Stories about the Motherland for schoolchildren
Stories about love for the Motherland, even in a foreign land there is longing and very strong sadness for the Motherland.
Evgeny Permyak. The Tale of the Great Bell
The sailor who arrived in England by ship and fell ill in the city of London has long been dead, but the fairy tale about him lives on.
The Russian sailor remained in the city of London. He was admitted to a good hospital. Provisions and money were left:
- Get well, friend, and wait for your ship!
The ship's buddies said so and headed back to their native Russian land.
The sailor was ill for a short time. He was treated with good medicine. They didn’t spare any medicine, powders or drops. Well, yes, life took its toll. The guy is of Arkhangelsk blood - the son of native Pomeranian parents. Can you really break someone like that with illness?
The sailor was discharged from the hospital.
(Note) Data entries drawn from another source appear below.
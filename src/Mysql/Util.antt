-- ===== src/Mysql/Util.antt =====
-- mysql/common/util.go and `ChecksumValidate` of checksum.go; `ValidateData` of
-- mysql/decode/events/event.go. The IEEE CRC-32 of hash/crc32 is the parameter `crc32`.
pub mod LengthEncoded
pub mod Checksum
use go_dblog.Prelude.{
  ℕ, zero, suc, ◌+◌, ◌-◌, ◌*◌, ◌/◌, ◌%◌, ◌^◌, Bool, true, false, not, Option, none, some, List, [],
  ◌∷◌, ◌++◌, length, take, drop, ◌==◌, ltb, leb, if◌then◌else◌,
}
use go_dblog.Prelude.Result.{Result, ok, err, panic, ◌>>=◌}
use go_dblog.Prelude.Text.{Bytes, same}
use go_dblog.Mysql.Bytes.{
  EventError, empty_header, wrong_event_size, shorter_than_checksum, checksum_failed, eof, Decoded,
  uint, put_le,
}
use go_dblog.Mysql.Header.{EventHeader}

-- The loop of `FixedLengthInt`, from place `i`. The bytes are below 256, so what is shifted does not
-- overlap what is there: or is addition, modulo 2^64.
unfoldable pub fixed_from : ℕ → ℕ → Bytes → ℕ
fixed_from i num [] = num
fixed_from i num (b ∷ bs) = fixed_from (i + 1) ((num + b * 256 ^ i) % 2 ^ 64) bs

unfoldable pub fixed_length_int : Bytes → ℕ
unfolding fixed_from
fixed_length_int = fixed_from 0 0

-- `LengthEncodedInt`: the number, whether it is NULL, and the bytes that it takes.
unfoldable pub length_encoded_int : Bytes → Decoded (ℕ × Bool × ℕ)
unfolding uint
length_encoded_int [] = panic
length_encoded_int (b ∷ bs) =
    if b == 251
    then ok (0, true, 1)
    else if b == 252
    then (do num ← uint 2 (b ∷ bs) 1; ok (num, false, 3))
    else if b == 253
    then (do num ← uint 3 (b ∷ bs) 1; ok (num, false, 4))
    else if b == 254
    then (do num ← uint 8 (b ∷ bs) 1; ok (num, false, 9))
    else ok (b, false, 1)

-- Behind the length. Where `n + num` leaves `int`, the bounds of the slice are out of order.
unfoldable pub length_encoded_body : Bytes → ℕ × Bool × ℕ → Decoded (Bytes × Bool × ℕ)
length_encoded_body bs (num, is_null, n) =
    if ltb num 1
    then ok ([], is_null, n)
    else if leb (2 ^ 63) (n + num)
    then panic
    else if leb (n + num) (length bs)
    then ok (take num (drop n bs), false, n + num)
    else err eof

-- `LengthEnodedString`
unfoldable pub length_encoded_string : Bytes → Decoded (Bytes × Bool × ℕ)
unfolding length_encoded_int length_encoded_body
length_encoded_string bs = do r ← length_encoded_int bs; length_encoded_body bs r

unfoldable pub bitmap_byte_size : ℕ → ℕ
bitmap_byte_size column_count = (column_count + 7) / 8

-- BINLOG_CHECKSUM_ALG_CRC32 and the length of a checksum.
abbrev pub checksum_crc32 : ℕ
checksum_crc32 = 1

abbrev pub checksum_length : ℕ
checksum_length = 4

-- `Event` without its body.
pub record EventFrame : Type 0 where
  pub header : Option EventHeader
  pub checksum_type : ℕ
  pub checksum_val : Bytes

module _ (crc32 : Bytes → ℕ) where
  -- `crc32Validate`
  unfoldable pub crc32_validate : Bytes → Bytes → Bool
  unfolding put_le
  crc32_validate expected s = same expected (put_le checksum_length (crc32 s))

  unfoldable pub checksum_validate : ℕ → Bytes → Bytes → Bool
  unfolding crc32_validate
  checksum_validate typ expected s =
      if typ == checksum_crc32 then crc32_validate expected s else true

  -- The part of `ValidateData` under `if hasChecksum`.
  unfoldable pub strip_checksum :
      EventFrame → EventHeader → Bytes → EventFrame × Bytes × Option EventError
  unfolding checksum_validate
  strip_checksum event h body =
      let start = length body - checksum_length in
      let event' = record event {
        checksum_type = checksum_crc32;
        checksum_val = drop start body;
      } in
      if ltb (length body) checksum_length
      then (event, body, some shorter_than_checksum)
      else if not (checksum_validate checksum_crc32 (drop start body) (h.base ++ take start body))
      then (event', body, some checksum_failed)
      else (event', take start body, none)

  -- `ValidateData`: the event as it is left, the body and the error.
  unfoldable pub validate_data : EventFrame → Bytes → Bool → EventFrame × Bytes × Option EventError
  unfolding strip_checksum
  validate_data event body has_checksum = elim event.header [
    | none ↦ (event, body, some empty_header)
    | some h ↦
        let l = length body + length h.base in
        if not (l == h.event_size)
        then (event, body, some (wrong_event_size l h.event_size))
        else if has_checksum
        then strip_checksum event h body
        else (event, body, none)
  ]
I cleaned the jacket and polished the buttons. Well, the rest of the clothing received a hot iron. I went to the harbor to look for fellow countrymen.
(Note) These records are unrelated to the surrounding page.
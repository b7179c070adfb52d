-- ===== src/Mysql/Column.antt =====
-- The codes of column types and event types in mysql/common/const.go that the decoders of table
-- maps and rows test for.
use go_dblog.Prelude.{ℕ}

abbrev pub type_tiny : ℕ
type_tiny = 1

abbrev pub type_short : ℕ
type_short = 2

abbrev pub type_long : ℕ
type_long = 3

abbrev pub type_float : ℕ
type_float = 4

abbrev pub type_double : ℕ
type_double = 5

abbrev pub type_null : ℕ
type_null = 6

abbrev pub type_timestamp : ℕ
type_timestamp = 7

abbrev pub type_longlong : ℕ
type_longlong = 8

abbrev pub type_int24 : ℕ
type_int24 = 9

abbrev pub type_date : ℕ
type_date = 10

abbrev pub type_time : ℕ
type_time = 11

abbrev pub type_datetime : ℕ
type_datetime = 12

abbrev pub type_year : ℕ
type_year = 13

abbrev pub type_new_date : ℕ
type_new_date = 14

abbrev pub type_varchar : ℕ
type_varchar = 15

abbrev pub type_bit : ℕ
type_bit = 16

abbrev pub type_timestamp2 : ℕ
type_timestamp2 = 17

abbrev pub type_datetime2 : ℕ
type_datetime2 = 18

abbrev pub type_time2 : ℕ
type_time2 = 19

abbrev pub type_json : ℕ
type_json = 245

abbrev pub type_new_decimal : ℕ
type_new_decimal = 246

abbrev pub type_enum : ℕ
type_enum = 247

abbrev pub type_set : ℕ
type_set = 248

abbrev pub type_tiny_blob : ℕ
type_tiny_blob = 249

abbrev pub type_medium_blob : ℕ
type_medium_blob = 250

abbrev pub type_long_blob : ℕ
type_long_blob = 251

abbrev pub type_blob : ℕ
type_blob = 252

abbrev pub type_var_string : ℕ
type_var_string = 253

abbrev pub type_string : ℕ
type_string = 254

abbrev pub type_geometry : ℕ
type_geometry = 255

abbrev pub table_map_event : ℕ
table_map_event = 19

abbrev pub write_rows_v0 : ℕ
write_rows_v0 = 20

abbrev pub update_rows_v0 : ℕ
update_rows_v0 = 21

abbrev pub delete_rows_v0 : ℕ
delete_rows_v0 = 22

abbrev pub write_rows_v1 : ℕ
write_rows_v1 = 23

abbrev pub update_rows_v1 : ℕ
update_rows_v1 = 24

abbrev pub delete_rows_v1 : ℕ
delete_rows_v1 = 25

abbrev pub write_rows_v2 : ℕ
write_rows_v2 = 30

abbrev pub update_rows_v2 : ℕ
update_rows_v2 = 31

abbrev pub delete_rows_v2 : ℕ
delete_rows_v2 = 32

abbrev pub partial_update_rows : ℕ
partial_update_rows = 39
“Your fellow countrymen are not here,” they tell him in the harbor. — Iceland has been driving away fogs for three weeks. Why would there be Russian sails in London?
“It’s no problem,” says the sailor. - I'm big-eyed. And I will find fellow countrymen on your ships.
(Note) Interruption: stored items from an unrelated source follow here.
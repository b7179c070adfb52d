-- ===== src/Mysql/TableMap.antt =====
-- mysql/decode/events/types/E_TABLE_MAP_EVENT.go. The map `TableInfo` of the event context is a
-- function from table ids; it is absent where there is no context or no map.
pub mod Shape
use go_dblog.Prelude.{
  ℕ, ◌+◌, ◌*◌, ◌≡◌, Bool, ◌||◌, Option, none, some, List, [], ◌∷◌, length, ◌==◌, leb, if◌then◌else◌,
}
use go_dblog.Prelude.Result.{Result, ok, err, ◌>>=◌}
use go_dblog.Prelude.Text.{Bytes}
use go_dblog.Mysql.Bytes.{Decoded, eof, byte_at, from, slice, uint}
use go_dblog.Mysql.Util.{
  fixed_length_int, length_encoded_int, length_encoded_string, bitmap_byte_size,
}
use go_dblog.Mysql.Column as C

pub record TableMapEvent : Type 0 where
  pub table_id : ℕ
  pub table_id_len : ℕ
  pub flags : ℕ
  pub schema : Bytes
  pub table : Bytes
  pub column_count : ℕ
  pub column_type_def : Bytes
  pub column_meta_def : List ℕ
  pub null_bitmap : Bytes
  pub optional_meta : Bytes

-- `int(h.EventTypeHeader[typ-1]) == 6`, of the `init` of a table map and the `Init` of rows.
unfoldable pub table_id_length : Bytes → ℕ → Decoded ℕ
table_id_length type_header i = do size ← byte_at type_header i; ok (if size == 6 then 4 else 6)

-- The types with two bytes of metadata, the first one high.
unfoldable pub has_pair_meta : ℕ → Bool
has_pair_meta t = t == C.type_string || t == C.type_new_decimal

-- The types with a little-endian number of two bytes.
unfoldable pub has_word_meta : ℕ → Bool
has_word_meta t = t == C.type_var_string || t == C.type_varchar || t == C.type_bit

unfoldable pub has_byte_meta : ℕ → Bool
has_byte_meta t =
    t == C.type_blob
    || t == C.type_double
    || t == C.type_float
    || t == C.type_geometry
    || t == C.type_json
    || t == C.type_time2
    || t == C.type_datetime2
    || t == C.type_timestamp2

-- The metadata of one column, and the position behind it.
unfoldable pub column_meta : ℕ → Bytes → ℕ → Decoded (ℕ × ℕ)
unfolding has_pair_meta has_word_meta has_byte_meta uint
column_meta t s pos =
    if has_pair_meta t
    then (do hi ← byte_at s pos; lo ← byte_at s (pos + 1); ok (hi * 256 + lo, pos + 2))
    else if has_word_meta t
    then (do v ← uint 2 s pos; ok (v, pos + 2))
    else if has_byte_meta t
    then (do v ← byte_at s pos; ok (v, pos + 1))
    else ok (0, pos)

-- `decodeMeta`, from position `pos`.
unfoldable pub decode_meta : Bytes → Bytes → ℕ → Decoded (List ℕ)
unfolding column_meta
decode_meta [] s pos = ok []
decode_meta (t ∷ ts) s pos = do
  r ← column_meta t s pos
  metas ← decode_meta ts s r.1
  ok (r.0 ∷ metas)

-- A name behind the byte of its length, with a zero behind it that is skipped.
unfoldable pub read_name : Bytes → ℕ → Decoded (Bytes × ℕ)
unfolding slice
read_name s pos = do n ← byte_at s pos; name ← slice s (pos + 1) n; ok (name, pos + 1 + n + 1)

-- The end of `Decode`: the bitmap of `column_count` bits and what is behind it.
unfoldable pub read_bitmap : Bytes → ℕ → ℕ → Decoded (Bytes × Bytes)
unfolding from slice bitmap_byte_size
read_bitmap s pos column_count = do
  rest ← from s pos
  if leb (bitmap_byte_size column_count) (length rest)
      then (do
        bitmap ← slice s pos (bitmap_byte_size column_count)
        optional ← from s (pos + bitmap_byte_size column_count)
        ok (bitmap, optional))
      else err eof

-- `Decode`, as far as the event it returns, with `type_header` from the format description.
unfoldable pub decode_table_map : Bytes → Bytes → Decoded TableMapEvent
unfolding table_id_length read_name read_bitmap decode_meta uint fixed_length_int length_encoded_int
    length_encoded_string
decode_table_map type_header s = do
  id_len ← table_id_length type_header 18
  id ← slice s 0 id_len
  flags ← uint 2 s id_len
  schema ← read_name s (id_len + 2)
  table ← read_name s schema.1
  rest ← from s table.1
  count ← length_encoded_int rest
  types ← slice s (table.1 + count.2) count.0
  let pos = table.1 + count.2 + count.0
  rest' ← from s pos
  meta ← length_encoded_string rest'
  metas ← decode_meta types meta.0 0
  tail ← read_bitmap s (pos + meta.2) count.0
  ok (record {
    table_id = fixed_length_int id;
    table_id_len = id_len;
    flags = flags;
    schema = schema.0;
    table = table.0;
    column_count = count.0;
    column_type_def = types;
    column_meta_def = metas;
    null_bitmap = tail.0;
    optional_meta = tail.1;
  })

-- `map[uint64]*TableMapEvent`
abbrev pub Tables : Type 0
Tables = ℕ → Option TableMapEvent

unfoldable pub put_table : Tables → TableMapEvent → Tables
put_table tables event = λ id. if id == event.table_id then some event else tables id

-- `Decode` with the map that it stores the event in.
unfoldable pub table_map_decode :
    Bytes → Bytes → Option Tables → Decoded (TableMapEvent × Option Tables)
unfolding decode_table_map put_table
table_map_decode type_header s tables = do
  event ← decode_table_map type_header s
  ok (event, elim tables [ none ↦ none | some known ↦ some (put_table known event) ])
He said so and stepped onto the English ship. He wiped his feet on the mat and saluted the flag. Introduced himself.
The British love it. Because the maritime order is the same everywhere.
- Look what you are like! A sailor in full uniform. It’s just a pity that you won’t find any fellow countrymen on our royal ship.
And the sailor smiles at this, says nothing, and heads towards the mainmast.
“Why,” the sailors think, “does he need our mainmast? »
And the Russian sailor came up to her, stroked her with his hand and said:
- Hello, fellow countrywoman, Arkhangelsk pine!
The mast woke up and came to life.
It was as if I had woken up from a long sleep. She rustled with the Russian mast pine forest and shed an amber resin tear:
- Hello, fellow countryman! Tell me how things are going at home.
The English sailors looked at each other:
- Look how big-eyed you are! I found a fellow countrywoman on our ship.
Meanwhile, the sailor is having intimate conversations with the mainmast. What's going on at home, he tells, hugs the mast:
- Oh, my dear, you are good! You mast miracle tree. The forest winds did not blow your spirit away. The storm did not bend your pride.
The English sailors look - and the sides of the ship smile at the Russian sailor, the deck spreads under his feet. And he recognizes in them a pattern dear to his heart, he sees his native forests and groves.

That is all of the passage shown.